When Jacob resolved to enter the blaze, his heart froze-Great S'Mol!

-and the Gaon came out just as the arch of blue flame collapsed. "My great brothers in faith-all of us," the Gaon said, and then Jacob rushed forward and embraced their leader. The man had been inside an inferno for many minutes, yet-Jacob could discern-his hair remained un-singed. Even his clothes remained cool.

The fire began to die.

A strange tranquility swept across the Gaon's face. His hand extended to the pair of pitiful corpses at their feet.

"It is done!" Jacob celebrated.

The two men were far less than human now, their flesh having been crudely cut off, their faces flensed. Only the scalps remained, keeping intact the long dirty hair. The upthrust rib cages glistened scarlet, and beneath them no organ remained. All those hanks of muscle and all those innards could now be smelled burning under the waning flames. In particular, the aroma of roasting livers hung heavy.

Jacob made hand signals toward the woods, and a horse-drawn wagon arrived swiftly. The corpses were loaded, and the wagon was off.

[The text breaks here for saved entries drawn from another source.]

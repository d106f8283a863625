-- ===== src/Avia/Task.antt =====
-- avia_gt_dmx_bh_task, which hands what the chip has written to the client of the queue.
use tuxbox_git_driver.Common.{
  ℕ, List, not, Option, none, some, leb, ◌==◌, if◌then◌else◌, get_or, set,
}
use tuxbox_git_driver.Avia.{Queue, at, queue_message, ts, queue_count, resync, is_system_queue}

-- `pid1` and `pid2`; in SPTS mode the queue for video has both PIDs. `garbage` stands in `pid2` where it is
-- not assigned.
unfoldable pub pids_of : ℕ → ℕ → List Queue → ℕ × ℕ
pids_of garbage n queue_list =
    let video = (at queue_list 0).pid in
    let audio = (at queue_list 1).pid in
    let own = (at queue_list n).pid in
    if not (n == 0)
    then (own, own)
    else if audio == 0xffff
    then (video, if video == 0xffff then garbage else video)
    else (if video == 0xffff then audio else video, audio)

-- The client of a system queue may be a user queue.
unfoldable pub callback_of : List (Option ℕ) → ℕ → List Queue → Option ℕ
callback_of queue_client n queue_list =
    let client = if is_system_queue n then get_or queue_client n none else none in
    elim client [ none ↦ (at queue_list n).cb_proc | some c ↦ (at queue_list c).cb_proc ]

-- The callback that runs, and the queues.
unfoldable pub bh_task : ℕ → List (Option ℕ) → ℕ → List Queue → Option ℕ × List Queue
bh_task garbage queue_client n queue_list =
    let q = at queue_list n in
    let q₁ = record q { write_pos = q.hw_write_pos } in
    let emptied = record q₁ { read_pos = q.hw_write_pos; overflow_count = 0 } in
    let pids = pids_of garbage n queue_list in
    let synced = resync pids.0 pids.1 q₁ in
    let callback = callback_of queue_client n queue_list in
    if leb queue_count n
    then (none, queue_list)
    else if not (q.overflow_count == 0)
    then (none, set queue_list n emptied)
    else if n == queue_message
    then (q.cb_proc, set queue_list n q₁)
    else if q.mode == ts
    then (if synced.0 then callback else none, set queue_list n synced.1)
    else (callback, set queue_list n q₁)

The Gaon addressed his brethren with a smile. "The time for our vengeance draws ever closer..." The men walked in silence back to town.

II.

The Present Seth awoke feeling different-better-than he could ever recall. He smiled even before his eyes opened, and in that moment of cerebral gray area between sleep and the waking state, he feared that the joy in his heart was corrupt, some cruel dream, and he would groan out of bed to find himself sitting in the middle of an alcoholic's going-nowhere-but-down life. Instead, he awoke, blinked, and thought, It's all true.

He was out of the city for good, gone from all its awful memories of loss and three-day hangovers. He finally had his house out in the country, and he was a self-made millionaire...

And I'm still in love, he added, a state he thought he'd never regain after Helene's death.

Frantic clicking and squeals grew more precise as he came fully awake. Judy sat naked at the desk by the window, her fingers a blur as she shot her way through the next level of the game.

"d.a.m.n-oh! Gotcha!" she exclaimed amid the reports of the Surgical Laser.